Viendront ensuite Raphaël et la Farnésine (1884), Grèce, Turquie, le Danube (1886), écrit au retour d’un nouveau voyage en Orient, De Paris au Niagara (1887), au retour d’un voyage aux États-Unis, où il représenta le syndicat de la presse parisienne à l’inauguration de la statue de la Liberté de Bartholdi, enfin Peintres français contemporains (1888).

Mais, éducateur dans l’âme, ni le journal ni le livre ne suffisaient encore à son activité. Il eut la nostalgie de l’enseignement. En 1880, il succéda à Paul Albert comme professeur de littérature à l’École militaire de Saint-Cyr. Presque en même temps, on lui demandait de donner des cours à l’École normale supérieure de Fontenay-aux-Roses, puis à celle de Saint-Cloud. Il se mit avec tout son cœur dans ces enseignements.
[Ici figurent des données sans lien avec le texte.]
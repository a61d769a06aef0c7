-- ===== src/Raft/Commit.antt =====
-- `AdvanceCommitIndexLocked`: how many nodes hold the entries that the leader commits.
use veri_store.Common.{
  ℕ, zero, suc, ◌+◌, ◌*◌, ◌/◌, ◌%◌, ◌<◌, ◌≤◌, ◌≡◌, refl, ◌⊎◌, inl, inr, ◌&&◌, List, [], ◌∷◌, arith,
  length, get_or, ltb, leb, ◌==◌, if◌then◌else◌, All, All-map, if_intro,
}
use veri_store.Raft.Types.{RaftNode}
use veri_store.Raft.Node.{
  insert_sorted, sort, match_values, majority_index, advance_commit_index, term_at, last_log_index,
}

-- How many values reach `v`.
pub count_ge : ℕ → List ℕ → ℕ
count_ge v [] = 0
count_ge v (x ∷ xs) = (if leb v x then 1 else 0) + count_ge v xs

abbrev Ascending : List ℕ → Type 0
Ascending [] = Unit
Ascending (x ∷ xs) = All (λ y. x ≤ y) xs × Ascending xs

insert_sorted-All :
    (b x : ℕ) (xs : List ℕ) → b ≤ x → All (λ y. b ≤ y) xs → All (λ y. b ≤ y) (insert_sorted x xs)
unfolding insert_sorted
insert_sorted-All b x [] h a = (h, tt)
insert_sorted-All b x (y ∷ ys) h (p, a) = ground (arith, insert_sorted-All b x ys h a)

insert_sorted-Ascending : (x : ℕ) (xs : List ℕ) → Ascending xs → Ascending (insert_sorted x xs)
unfolding insert_sorted
insert_sorted-Ascending x [] a = (tt, tt)
insert_sorted-Ascending x (y ∷ ys) (p, a) = ground (
  arith,
  insert_sorted-Ascending x ys a,
  insert_sorted-All y x ys,
  λ (h : x ≤ y). All-map (λ z. y ≤ z) (λ z. x ≤ z) ys (λ z q. omega arith) p,
)

sort-Ascending : (xs : List ℕ) → Ascending (sort xs)
unfolding sort
sort-Ascending [] = tt
sort-Ascending (x ∷ xs) = insert_sorted-Ascending x (sort xs) (sort-Ascending xs)

count_ge-insert_sorted :
    (v x : ℕ) (xs : List ℕ) → count_ge v (insert_sorted x xs) ≡ count_ge v (x ∷ xs)
unfolding insert_sorted count_ge
count_ge-insert_sorted v x [] = refl
count_ge-insert_sorted v x (y ∷ ys) = ground (arith, count_ge-insert_sorted v x ys)

count_ge-sort : (v : ℕ) (xs : List ℕ) → count_ge v (sort xs) ≡ count_ge v xs
unfolding sort count_ge
count_ge-sort v [] = refl
count_ge-sort v (x ∷ xs) = omega (arith, count_ge-insert_sorted v x (sort xs), count_ge-sort v xs)

length-insert_sorted : (x : ℕ) (xs : List ℕ) → length (insert_sorted x xs) ≡ suc (length xs)
unfolding insert_sorted
length-insert_sorted x [] = refl
length-insert_sorted x (y ∷ ys) = ground (arith, length-insert_sorted x ys)

length-sort : (xs : List ℕ) → length (sort xs) ≡ length xs
unfolding sort
length-sort [] = refl
length-sort (x ∷ xs) = omega (arith, length-insert_sorted x (sort xs), length-sort xs)

count_ge-All : (v : ℕ) (xs : List ℕ) → All (λ y. v ≤ y) xs → count_ge v xs ≡ length xs
unfolding count_ge
count_ge-All v [] a = refl
count_ge-All v (x ∷ xs) (h, a) = ground (arith, count_ge-All v xs a)

-- In an ascending list the values from position `i` on reach the one at `i`.
count_ge-get_or :
    (xs : List ℕ) (i : ℕ)
    → Ascending xs
    → i < length xs
    → length xs ≤ count_ge (get_or xs i 0) xs + i
unfolding count_ge
count_ge-get_or [] i a h = absurd (omega arith)
count_ge-get_or (x ∷ xs) zero (p, a) h = ground (arith, count_ge-All x xs p)
count_ge-get_or (x ∷ xs) (suc i) (p, a) h = ground (arith, count_ge-get_or xs i a)

-- At least half of the values, rounded up, reach the chosen one.
majority_index-count :
    (xs : List ℕ) → 0 < length xs → length xs ≤ count_ge (majority_index xs) xs + length xs / 2
unfolding majority_index
majority_index-count xs h = omega (
  arith,
  length-sort xs,
  count_ge-sort (get_or (sort xs) (length xs / 2) 0) xs,
  count_ge-get_or (sort xs) (length xs / 2) (sort-Ascending xs) (omega (arith, length-sort xs)),
)

-- `m` is `n`, or its commit index has grown to that of an entry of the current term which at least
-- half of the nodes that the leader counts hold, and more than half if their number is odd.
abbrev pub CommitsByHalf : RaftNode → RaftNode → Type 0
CommitsByHalf n m =
    (m ≡ n)
    ⊎ ((n.commit_index < m.commit_index)
        × (term_at n m.commit_index ≡ n.current_term)
        × (length (match_values n) ≤ 2 * count_ge m.commit_index (match_values n))
        × (length (match_values n) % 2 ≡ 1
            → length (match_values n) < 2 * count_ge m.commit_index (match_values n)))

-- A commit index that moves is of an entry of the current term, grows, and is reached by at least
-- half of the nodes that the leader counts; by more than half, if their number is odd.
pub advance_commit_index-CommitsByHalf : (n : RaftNode) → CommitsByHalf n (advance_commit_index n)
unfolding advance_commit_index
advance_commit_index-CommitsByHalf n =
    let chosen = majority_index (match_values n) in
    let half : length (match_values n)
        ≤ count_ge chosen (match_values n) + length (match_values n) / 2 =
      majority_index-count (match_values n) (unfold match_values in omega arith) in
    if_intro (CommitsByHalf n) (ltb n.commit_index chosen && (term_at n chosen == n.current_term))
      (λ t. inr (ground arith, ground arith, omega arith, λ odd. omega arith)) (λ _. inl refl)

-- With one peer, which has acknowledged no more than the leader has, a leader whose last entry is
-- of its term and not committed commits it, whatever the peer has acknowledged.
pub two_nodes_commit_alone :
    (n : RaftNode) (p acked : ℕ)
    → n.match_index ≡ (p, acked) ∷ []
    → acked ≤ length n.log
    → n.commit_index < length n.log
    → term_at n (length n.log) ≡ n.current_term
    → (advance_commit_index n).commit_index ≡ length n.log
unfolding advance_commit_index sort last_log_index
two_nodes_commit_alone n p acked e h c t = ground arith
Ne s’agissait-il pas de faire connaître et aimer le génie de la France d’un côté à nos futurs officiers, de l’autre à l’élite des maîtres et maîtresses destinés à former le personnel enseignant des écoles primaires, c’est-à-dire l’âme de notre peuple ! La sincérité cordiale de sa parole lui concilia aussitôt ces auditoires si différents. Nulle rhétorique ; point d’érudition vaine et encombrante. Le patriote, le citoyen libéral, le moraliste laïque parurent en lui sans rien d’étroit ni de sectaire ; il conquit d’emblée la confiance affectueuse des élèves, le respect au moins et l’estime de ceux-là même que leur éducation antérieure fermait en partie à son action.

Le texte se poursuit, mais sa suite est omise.